== Data records ==

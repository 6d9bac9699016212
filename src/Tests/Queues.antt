-- ===== src/Tests/Queues.antt =====
-- The work queue.
use hambo.Base.{true, List, [], ◌∷◌, ◌++◌, ◌≡◌, refl, dec_string}
use hambo.Base.Names
use hambo.Queue.{MemoryQueue, new_memory_queue, add, get, done}
use hambo.Queue.Invariant.{IsValid, new_memory_queue-IsValid, add-IsValid, get-IsValid}
use hambo.Queue.Status.{status, after_done}
use hambo.Queue.Machine.{apply-status}
use hambo.Queue.Fifo.{Call, apply, adds, gets, dones, taken, run, enqueued, run-items}
use hambo.Queue.Timers
use hambo.Queue.Timers.{System, Reach, start, Reach-IsValid}

one : MemoryQueue
unfolding add new_memory_queue Names.contains Names.insert dec_string
one = add "a" new_memory_queue

processing_one : MemoryQueue
unfolding one get Names.remove
processing_one = (get one).0

one-IsValid : IsValid one
unfolding one
one-IsValid = add-IsValid "a" new_memory_queue new_memory_queue-IsValid

-- A name that is added twice is queued once.
added_twice : (add "a" one).items ≡ "a" ∷ []
unfolding one
added_twice = refl

-- A name that is added while it is processed waits for `Done`.
added_meanwhile :
    ((add "a" processing_one).items ≡ []) × ((done "a" (add "a" processing_one)).items ≡ "a" ∷ [])
unfolding processing_one done
added_meanwhile = (refl, refl)

processing_one-IsValid : IsValid processing_one
unfolding processing_one
processing_one-IsValid = get-IsValid one one-IsValid

a_is_processing : Names.contains (add "a" processing_one).processing "a" ≡ true
unfolding processing_one
a_is_processing = refl

-- A name that was added meanwhile stands in the queue after `Done`.
apply-status_example :
    status (done "a" (add "a" processing_one)) "a"
    ≡ after_done (status (add "a" processing_one) "a")
unfolding apply dec_string
apply-status_example =
    apply-status (dones "a") (add "a" processing_one) "a"
      (add-IsValid "a" processing_one processing_one-IsValid) a_is_processing

abbrev calls : List Call
calls = adds "a" ∷ adds "b" ∷ gets ∷ adds "a" ∷ gets ∷ dones "a" ∷ []

fifo_run :
    (taken calls new_memory_queue ≡ "a" ∷ "b" ∷ [])
    × ((run calls new_memory_queue).items ≡ "a" ∷ [])
unfolding taken run apply one get done Names.remove
fifo_run = (refl, refl)

run-items_example :
    taken calls new_memory_queue ++ (run calls new_memory_queue).items
    ≡ new_memory_queue.items ++ enqueued calls new_memory_queue
run-items_example = run-items calls new_memory_queue

abbrev timer_run : Reach start (record start { queue = add "a" start.queue })
timer_run = Timers.next Timers.here (Timers.adds start "a")

Reach-IsValid_example : IsValid (add "a" new_memory_queue)
Reach-IsValid_example = Reach-IsValid timer_run
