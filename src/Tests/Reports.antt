-- ===== src/Tests/Reports.antt =====
-- A node reports its containers.
use hambo.Base.{◌≤◌, true, List, [], ◌∷◌, ◌≡◌, refl, ok, dec_string, some, none, ◌⊎◌}
use hambo.Base.Int.{pos}
use hambo.Store.Memory.{find, erase, put}
use hambo.Store.Collection.{get_tx, update_tx}
use hambo.Model.Container.{Container, running, exited, pending}
use hambo.Api.Report.{
  ContainerStatusReport, ReportNodeStatusRequest, apply_reports, apply_report, is_backward,
  report_tx, reported, seen,
}
use hambo.Api.Report.Progress.{Progress, apply_reports-Progress}
use hambo.Api.Report.Sequence.{Reported, report_tx-lem}
use hambo.Tests.Fixtures.{Db, collections, collections-AreLawful, node_named, container_on, busy_db}

abbrev exit_report : ContainerStatusReport
exit_report = record {
  id = "c1";
  state = exited;
  exit_code = some (pos 3);
  reason = "Failed";
  message = "";
}

-- It comes after the report above, and is not recorded.
abbrev late_report : ContainerStatusReport
late_report = record exit_report { state = running; exit_code = none }

abbrev reports : List ContainerStatusReport
reports = exit_report ∷ late_report ∷ []

abbrev ran : Container
ran = container_on "c1" "a" running

abbrev report : ReportNodeStatusRequest
report = record { session_id = "s1"; sequence = 5; runtime_ready = true; containers = reports }

abbrev reported_db : Db
reported_db = record busy_db {
  nodes = some (("a", seen collections 110 report (node_named "a")) ∷ ("b", node_named "b") ∷ []);
  containers = some (("c1", reported ran exit_report) ∷ ("c2", container_on "c2" "" pending) ∷ []);
}

applied : apply_reports collections "a" reports busy_db.containers ≡ ok reported_db.containers
unfolding apply_reports apply_report get_tx update_tx find put erase dec_string is_backward
applied = refl

found : collections.containers.get_tx "c1" busy_db.containers ≡ ok ran
unfolding get_tx find dec_string
found = refl

apply_reports-Progress_example : Progress collections "a" busy_db.containers reported_db.containers
apply_reports-Progress_example =
    apply_reports-Progress collections collections-AreLawful "a" reports busy_db.containers
      reported_db.containers (tt, (tt, tt)) applied

accepted : report_tx collections 110 "a" report busy_db ≡ ok reported_db
unfolding report_tx get_tx update_tx find put erase dec_string apply_reports apply_report
    is_backward
accepted = refl

known : collections.nodes.get_tx "a" busy_db.nodes ≡ ok (node_named "a")
unfolding get_tx find dec_string
known = refl

report_tx-lem_example :
    (report.session_id ≡ "s1")
    × (((report.sequence ≤ 4) × (reported_db ≡ busy_db))
        ⊎ Reported collections 110 "a" report (node_named "a") busy_db reported_db)
report_tx-lem_example =
    report_tx-lem collections collections-AreLawful 110 "a" report (node_named "a") busy_db
      reported_db known accepted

===

◆ **Your assignment**
Once you have read the entries, write them out again without altering a single character.

◆ **Exercise solution**
repository 6d9bac9699016212
filename src/Tests/Queues.antt
-- ===== src/Tests/Queues.antt =====
-- The work queue.
use hambo.Base.{true, List, [], ◌∷◌, ◌++◌, ◌≡◌, refl, dec_string}
use hambo.Base.Names
use hambo.Queue.{MemoryQueue, new_memory_queue, add, get, done}
use hambo.Queue.Invariant.{IsValid, new_memory_queue-IsValid, add-IsValid, get-IsValid}
use hambo.Queue.Status.{status, after_done}
use hambo.Queue.Machine.{apply-status}
use hambo.Queue.Fifo.{Call, apply, adds, gets, dones, taken, run, enqueued, run-items}
use hambo.Queue.Timers
use hambo.Queue.Timers.{System, Reach, start, Reach-IsValid}

one : MemoryQueue
unfolding add new_memory_queue Names.contains Names.insert dec_string
one = add "a" new_memory_queue

processing_one : MemoryQueue
unfolding one get Names.remove
processing_one = (get one).0

one-IsValid : IsValid one
unfolding one
one-IsValid = add-IsValid "a" new_memory_queue new_memory_queue-IsValid

-- A name that is added twice is queued once.
added_twice : (add "a" one).items ≡ "a" ∷ []
unfolding one
added_twice = refl

-- A name that is added while it is processed waits for `Done`.
added_meanwhile :
    ((add "a" processing_one).items ≡ []) × ((done "a" (add "a" processing_one)).items ≡ "a" ∷ [])
unfolding processing_one done
added_meanwhile = (refl, refl)

processing_one-IsValid : IsValid processing_one
unfolding processing_one
processing_one-IsValid = get-IsValid one one-IsValid

a_is_processing : Names.contains (add "a" processing_one).processing "a" ≡ true
unfolding processing_one
a_is_processing = refl

-- A name that was added meanwhile stands in the queue after `Done`.
apply-status_example :
    status (done "a" (add "a" processing_one)) "a"
    ≡ after_done (status (add "a" processing_one) "a")
unfolding apply dec_string
apply-status_example =
    apply-status (dones "a") (add "a" processing_one) "a"
      (add-IsValid "a" processing_one processing_one-IsValid) a_is_processing

abbrev calls : List Call
calls = adds "a" ∷ adds "b" ∷ gets ∷ adds "a" ∷ gets ∷ dones "a" ∷ []

fifo_run :
    (taken calls new_memory_queue ≡ "a" ∷ "b" ∷ [])
    × ((run calls new_memory_queue).items ≡ "a" ∷ [])
unfolding taken run apply one get done Names.remove
fifo_run = (refl, refl)

run-items_example :
    taken calls new_memory_queue ++ (run calls new_memory_queue).items
    ≡ new_memory_queue.items ++ enqueued calls new_memory_queue
run-items_example = run-items calls new_memory_queue

abbrev timer_run : Reach start (record start { queue = add "a" start.queue })
timer_run = Timers.next Timers.here (Timers.adds start "a")

Reach-IsValid_example : IsValid (add "a" new_memory_queue)
Reach-IsValid_example = Reach-IsValid timer_run
filename src/Tests/Reports.antt
-- ===== src/Tests/Reports.antt =====
-- A node reports its containers.
use hambo.Base.{◌≤◌, true, List, [], ◌∷◌, ◌≡◌, refl, ok, dec_string, some, none, ◌⊎◌}
use hambo.Base.Int.{pos}
use hambo.Store.Memory.{find, erase, put}
use hambo.Store.Collection.{get_tx, update_tx}
use hambo.Model.Container.{Container, running, exited, pending}
use hambo.Api.Report.{
  ContainerStatusReport, ReportNodeStatusRequest, apply_reports, apply_report, is_backward,
  report_tx, reported, seen,
}
use hambo.Api.Report.Progress.{Progress, apply_reports-Progress}
use hambo.Api.Report.Sequence.{Reported, report_tx-lem}
use hambo.Tests.Fixtures.{Db, collections, collections-AreLawful, node_named, container_on, busy_db}

abbrev exit_report : ContainerStatusReport
exit_report = record {
  id = "c1";
  state = exited;
  exit_code = some (pos 3);
  reason = "Failed";
  message = "";
}

-- It comes after the report above, and is not recorded.
abbrev late_report : ContainerStatusReport
late_report = record exit_report { state = running; exit_code = none }

abbrev reports : List ContainerStatusReport
reports = exit_report ∷ late_report ∷ []

abbrev ran : Container
ran = container_on "c1" "a" running

abbrev report : ReportNodeStatusRequest
report = record { session_id = "s1"; sequence = 5; runtime_ready = true; containers = reports }

abbrev reported_db : Db
reported_db = record busy_db {
  nodes = some (("a", seen collections 110 report (node_named "a")) ∷ ("b", node_named "b") ∷ []);
  containers = some (("c1", reported ran exit_report) ∷ ("c2", container_on "c2" "" pending) ∷ []);
}

applied : apply_reports collections "a" reports busy_db.containers ≡ ok reported_db.containers
unfolding apply_reports apply_report get_tx update_tx find put erase dec_string is_backward
applied = refl

found : collections.containers.get_tx "c1" busy_db.containers ≡ ok ran
unfolding get_tx find dec_string
found = refl

apply_reports-Progress_example : Progress collections "a" busy_db.containers reported_db.containers
apply_reports-Progress_example =
    apply_reports-Progress collections collections-AreLawful "a" reports busy_db.containers
      reported_db.containers (tt, (tt, tt)) applied

accepted : report_tx collections 110 "a" report busy_db ≡ ok reported_db
unfolding report_tx get_tx update_tx find put erase dec_string apply_reports apply_report
    is_backward
accepted = refl

known : collections.nodes.get_tx "a" busy_db.nodes ≡ ok (node_named "a")
unfolding get_tx find dec_string
known = refl

report_tx-lem_example :
    (report.session_id ≡ "s1")
    × (((report.sequence ≤ 4) × (reported_db ≡ busy_db))
        ⊎ Reported collections 110 "a" report (node_named "a") busy_db reported_db)
report_tx-lem_example =
    report_tx-lem collections collections-AreLawful 110 "a" report (node_named "a") busy_db
      reported_db known accepted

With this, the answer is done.